**EXERCISE DESCRIPTION**
Print the first line of the records below and every line after it, up to and including the line with "least = refl". Print nothing else.

**DATASET ENTRIES**
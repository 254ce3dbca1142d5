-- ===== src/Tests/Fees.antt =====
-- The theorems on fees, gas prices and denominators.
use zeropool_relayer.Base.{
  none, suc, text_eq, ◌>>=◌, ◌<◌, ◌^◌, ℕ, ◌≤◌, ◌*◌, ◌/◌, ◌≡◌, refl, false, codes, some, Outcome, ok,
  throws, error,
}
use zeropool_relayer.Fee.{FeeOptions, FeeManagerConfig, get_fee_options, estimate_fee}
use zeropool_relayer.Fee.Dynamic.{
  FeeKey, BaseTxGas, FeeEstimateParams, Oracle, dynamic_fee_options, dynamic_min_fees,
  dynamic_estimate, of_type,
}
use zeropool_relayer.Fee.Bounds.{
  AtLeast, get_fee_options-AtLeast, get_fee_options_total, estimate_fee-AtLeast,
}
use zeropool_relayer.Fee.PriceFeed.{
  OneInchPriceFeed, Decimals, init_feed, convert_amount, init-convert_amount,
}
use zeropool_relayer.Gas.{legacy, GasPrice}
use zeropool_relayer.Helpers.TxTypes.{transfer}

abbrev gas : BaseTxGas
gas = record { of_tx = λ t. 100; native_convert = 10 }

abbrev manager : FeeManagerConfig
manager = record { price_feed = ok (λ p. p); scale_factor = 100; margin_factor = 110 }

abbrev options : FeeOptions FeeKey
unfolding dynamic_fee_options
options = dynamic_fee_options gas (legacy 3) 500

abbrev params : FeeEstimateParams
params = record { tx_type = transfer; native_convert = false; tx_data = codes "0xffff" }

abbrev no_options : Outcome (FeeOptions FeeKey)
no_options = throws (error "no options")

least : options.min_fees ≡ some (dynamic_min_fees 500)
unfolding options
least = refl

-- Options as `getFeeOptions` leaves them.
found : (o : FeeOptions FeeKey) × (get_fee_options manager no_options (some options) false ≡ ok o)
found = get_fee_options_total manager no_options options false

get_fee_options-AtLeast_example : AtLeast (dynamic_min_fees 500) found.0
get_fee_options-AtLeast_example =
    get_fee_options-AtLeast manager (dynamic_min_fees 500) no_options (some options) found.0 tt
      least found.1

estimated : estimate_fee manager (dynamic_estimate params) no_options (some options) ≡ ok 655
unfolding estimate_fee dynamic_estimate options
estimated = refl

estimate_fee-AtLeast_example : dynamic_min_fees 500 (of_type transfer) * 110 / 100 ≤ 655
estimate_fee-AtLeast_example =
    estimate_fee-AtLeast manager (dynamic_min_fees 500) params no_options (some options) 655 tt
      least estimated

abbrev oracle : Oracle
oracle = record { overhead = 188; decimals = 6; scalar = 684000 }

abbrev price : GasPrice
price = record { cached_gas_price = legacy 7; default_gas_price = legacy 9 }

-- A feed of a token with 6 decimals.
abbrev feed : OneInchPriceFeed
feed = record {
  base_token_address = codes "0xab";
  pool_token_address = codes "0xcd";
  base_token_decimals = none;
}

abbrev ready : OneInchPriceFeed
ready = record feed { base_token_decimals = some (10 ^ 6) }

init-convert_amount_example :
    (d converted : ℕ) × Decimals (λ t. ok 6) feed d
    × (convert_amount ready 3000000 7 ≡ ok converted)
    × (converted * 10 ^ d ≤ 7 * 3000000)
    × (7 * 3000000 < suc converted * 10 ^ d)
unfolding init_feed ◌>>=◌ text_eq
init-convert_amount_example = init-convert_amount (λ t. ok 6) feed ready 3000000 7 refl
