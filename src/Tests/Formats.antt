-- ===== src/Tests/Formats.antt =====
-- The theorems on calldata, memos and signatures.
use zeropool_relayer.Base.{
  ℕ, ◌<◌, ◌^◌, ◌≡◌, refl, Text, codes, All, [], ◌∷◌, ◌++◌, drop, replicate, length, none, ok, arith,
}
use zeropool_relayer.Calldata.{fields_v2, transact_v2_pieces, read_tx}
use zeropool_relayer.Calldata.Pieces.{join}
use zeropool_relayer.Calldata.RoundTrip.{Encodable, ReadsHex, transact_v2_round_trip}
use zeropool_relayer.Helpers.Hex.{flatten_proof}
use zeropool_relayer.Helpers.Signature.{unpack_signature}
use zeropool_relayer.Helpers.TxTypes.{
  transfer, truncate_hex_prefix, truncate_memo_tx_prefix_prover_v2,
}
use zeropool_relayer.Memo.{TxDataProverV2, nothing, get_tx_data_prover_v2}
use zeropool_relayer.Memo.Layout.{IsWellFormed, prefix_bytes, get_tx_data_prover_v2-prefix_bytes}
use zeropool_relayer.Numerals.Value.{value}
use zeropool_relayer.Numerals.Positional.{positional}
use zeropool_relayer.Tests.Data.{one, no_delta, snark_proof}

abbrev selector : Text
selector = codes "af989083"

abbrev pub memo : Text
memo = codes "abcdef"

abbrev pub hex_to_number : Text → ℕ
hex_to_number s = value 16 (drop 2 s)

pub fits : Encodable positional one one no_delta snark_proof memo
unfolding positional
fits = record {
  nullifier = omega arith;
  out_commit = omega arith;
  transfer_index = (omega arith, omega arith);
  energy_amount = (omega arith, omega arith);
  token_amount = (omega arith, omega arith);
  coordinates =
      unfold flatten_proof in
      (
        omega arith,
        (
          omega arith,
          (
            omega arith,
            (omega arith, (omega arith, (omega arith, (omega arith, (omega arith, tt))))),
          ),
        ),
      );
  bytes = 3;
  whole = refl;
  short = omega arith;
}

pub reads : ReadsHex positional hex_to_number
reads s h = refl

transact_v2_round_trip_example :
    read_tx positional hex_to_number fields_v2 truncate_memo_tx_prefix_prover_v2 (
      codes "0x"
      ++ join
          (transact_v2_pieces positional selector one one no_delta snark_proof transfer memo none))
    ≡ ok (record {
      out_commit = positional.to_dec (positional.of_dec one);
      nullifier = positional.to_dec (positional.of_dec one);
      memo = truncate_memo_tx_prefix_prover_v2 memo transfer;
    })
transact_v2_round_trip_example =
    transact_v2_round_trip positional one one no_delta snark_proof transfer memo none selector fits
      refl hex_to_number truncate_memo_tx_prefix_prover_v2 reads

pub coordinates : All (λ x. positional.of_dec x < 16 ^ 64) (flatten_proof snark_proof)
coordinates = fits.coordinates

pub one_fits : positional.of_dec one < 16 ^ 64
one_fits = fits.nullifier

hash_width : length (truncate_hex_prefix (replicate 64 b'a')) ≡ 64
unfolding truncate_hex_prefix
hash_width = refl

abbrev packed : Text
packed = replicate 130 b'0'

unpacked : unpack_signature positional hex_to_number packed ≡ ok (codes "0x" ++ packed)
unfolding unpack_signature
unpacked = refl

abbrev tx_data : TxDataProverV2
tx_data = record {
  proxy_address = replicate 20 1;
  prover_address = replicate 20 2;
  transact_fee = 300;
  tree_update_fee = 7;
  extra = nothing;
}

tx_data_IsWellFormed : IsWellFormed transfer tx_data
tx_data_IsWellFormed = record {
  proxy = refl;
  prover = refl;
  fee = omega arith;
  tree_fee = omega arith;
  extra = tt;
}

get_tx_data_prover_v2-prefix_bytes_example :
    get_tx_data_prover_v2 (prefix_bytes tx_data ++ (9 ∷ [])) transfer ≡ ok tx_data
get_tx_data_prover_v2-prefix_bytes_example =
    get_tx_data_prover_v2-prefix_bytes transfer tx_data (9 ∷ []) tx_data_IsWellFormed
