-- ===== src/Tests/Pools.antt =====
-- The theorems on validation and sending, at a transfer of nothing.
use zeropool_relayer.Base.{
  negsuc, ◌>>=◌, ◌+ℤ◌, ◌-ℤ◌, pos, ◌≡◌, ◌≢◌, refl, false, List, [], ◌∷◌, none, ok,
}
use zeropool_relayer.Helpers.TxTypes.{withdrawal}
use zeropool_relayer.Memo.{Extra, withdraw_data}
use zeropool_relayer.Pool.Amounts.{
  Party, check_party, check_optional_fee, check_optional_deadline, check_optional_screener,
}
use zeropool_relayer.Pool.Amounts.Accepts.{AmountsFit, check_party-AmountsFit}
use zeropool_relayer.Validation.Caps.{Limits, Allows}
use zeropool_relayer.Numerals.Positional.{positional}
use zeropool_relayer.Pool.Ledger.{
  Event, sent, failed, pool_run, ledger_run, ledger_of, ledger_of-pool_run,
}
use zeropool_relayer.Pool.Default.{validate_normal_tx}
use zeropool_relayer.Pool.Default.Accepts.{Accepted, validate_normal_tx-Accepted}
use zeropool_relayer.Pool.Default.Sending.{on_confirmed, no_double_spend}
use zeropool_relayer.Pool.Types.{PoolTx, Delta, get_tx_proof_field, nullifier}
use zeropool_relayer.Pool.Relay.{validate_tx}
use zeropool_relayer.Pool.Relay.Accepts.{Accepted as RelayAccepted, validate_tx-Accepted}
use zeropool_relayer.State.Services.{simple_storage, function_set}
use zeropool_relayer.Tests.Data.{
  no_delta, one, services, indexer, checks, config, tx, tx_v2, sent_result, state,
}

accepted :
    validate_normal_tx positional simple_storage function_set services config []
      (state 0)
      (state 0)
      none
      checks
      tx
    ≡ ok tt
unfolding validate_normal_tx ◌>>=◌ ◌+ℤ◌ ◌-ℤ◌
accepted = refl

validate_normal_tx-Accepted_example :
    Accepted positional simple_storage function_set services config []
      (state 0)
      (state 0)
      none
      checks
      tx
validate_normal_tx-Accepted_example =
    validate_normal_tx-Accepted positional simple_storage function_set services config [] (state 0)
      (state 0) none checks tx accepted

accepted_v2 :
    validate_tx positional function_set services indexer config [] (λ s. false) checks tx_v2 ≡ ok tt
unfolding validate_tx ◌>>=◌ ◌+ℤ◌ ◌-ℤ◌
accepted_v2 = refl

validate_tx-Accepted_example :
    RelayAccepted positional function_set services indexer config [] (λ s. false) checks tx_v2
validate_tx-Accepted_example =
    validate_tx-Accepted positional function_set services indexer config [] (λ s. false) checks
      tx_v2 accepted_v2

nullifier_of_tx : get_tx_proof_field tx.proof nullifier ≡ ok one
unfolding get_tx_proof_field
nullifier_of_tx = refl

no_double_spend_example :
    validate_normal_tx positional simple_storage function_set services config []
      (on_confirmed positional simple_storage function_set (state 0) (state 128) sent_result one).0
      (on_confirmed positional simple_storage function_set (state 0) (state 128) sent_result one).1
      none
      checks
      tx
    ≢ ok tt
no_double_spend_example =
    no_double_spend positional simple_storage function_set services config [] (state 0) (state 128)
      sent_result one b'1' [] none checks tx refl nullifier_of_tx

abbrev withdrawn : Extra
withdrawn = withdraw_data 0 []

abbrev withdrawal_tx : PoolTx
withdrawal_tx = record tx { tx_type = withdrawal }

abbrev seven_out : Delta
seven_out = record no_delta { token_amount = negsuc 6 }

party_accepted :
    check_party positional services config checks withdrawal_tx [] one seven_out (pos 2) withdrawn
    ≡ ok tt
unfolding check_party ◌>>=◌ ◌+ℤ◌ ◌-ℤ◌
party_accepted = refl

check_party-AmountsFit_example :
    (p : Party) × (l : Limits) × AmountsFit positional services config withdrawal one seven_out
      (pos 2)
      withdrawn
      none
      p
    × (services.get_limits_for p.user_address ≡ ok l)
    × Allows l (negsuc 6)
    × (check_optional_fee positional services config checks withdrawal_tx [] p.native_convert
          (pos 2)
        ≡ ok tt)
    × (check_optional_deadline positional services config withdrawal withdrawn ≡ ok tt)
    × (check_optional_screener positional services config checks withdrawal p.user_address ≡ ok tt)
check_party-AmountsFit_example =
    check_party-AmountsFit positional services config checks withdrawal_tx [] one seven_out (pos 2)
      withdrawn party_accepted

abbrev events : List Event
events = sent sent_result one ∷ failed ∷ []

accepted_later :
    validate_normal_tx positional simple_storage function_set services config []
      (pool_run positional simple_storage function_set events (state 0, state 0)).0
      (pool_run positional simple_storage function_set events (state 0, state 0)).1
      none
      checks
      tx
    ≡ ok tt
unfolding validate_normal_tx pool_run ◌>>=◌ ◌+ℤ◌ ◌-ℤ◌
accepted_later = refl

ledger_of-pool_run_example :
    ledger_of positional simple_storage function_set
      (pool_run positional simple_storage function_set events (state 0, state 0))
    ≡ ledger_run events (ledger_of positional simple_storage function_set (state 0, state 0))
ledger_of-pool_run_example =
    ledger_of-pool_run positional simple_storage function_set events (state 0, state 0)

**ANSWER TO THIS EXERCISE**
repository 254ce3dbca1142d5
-- ===== src/Tests/Fees.antt =====
-- The theorems on fees, gas prices and denominators.
use zeropool_relayer.Base.{
  none, suc, text_eq, ◌>>=◌, ◌<◌, ◌^◌, ℕ, ◌≤◌, ◌*◌, ◌/◌, ◌≡◌, refl, false, codes, some, Outcome, ok,
  throws, error,
}
use zeropool_relayer.Fee.{FeeOptions, FeeManagerConfig, get_fee_options, estimate_fee}
use zeropool_relayer.Fee.Dynamic.{
  FeeKey, BaseTxGas, FeeEstimateParams, Oracle, dynamic_fee_options, dynamic_min_fees,
  dynamic_estimate, of_type,
}
use zeropool_relayer.Fee.Bounds.{
  AtLeast, get_fee_options-AtLeast, get_fee_options_total, estimate_fee-AtLeast,
}
use zeropool_relayer.Fee.PriceFeed.{
  OneInchPriceFeed, Decimals, init_feed, convert_amount, init-convert_amount,
}
use zeropool_relayer.Gas.{legacy, GasPrice}
use zeropool_relayer.Helpers.TxTypes.{transfer}

abbrev gas : BaseTxGas
gas = record { of_tx = λ t. 100; native_convert = 10 }

abbrev manager : FeeManagerConfig
manager = record { price_feed = ok (λ p. p); scale_factor = 100; margin_factor = 110 }

abbrev options : FeeOptions FeeKey
unfolding dynamic_fee_options
options = dynamic_fee_options gas (legacy 3) 500

abbrev params : FeeEstimateParams
params = record { tx_type = transfer; native_convert = false; tx_data = codes "0xffff" }

abbrev no_options : Outcome (FeeOptions FeeKey)
no_options = throws (error "no options")

least : options.min_fees ≡ some (dynamic_min_fees 500)
unfolding options
least = refl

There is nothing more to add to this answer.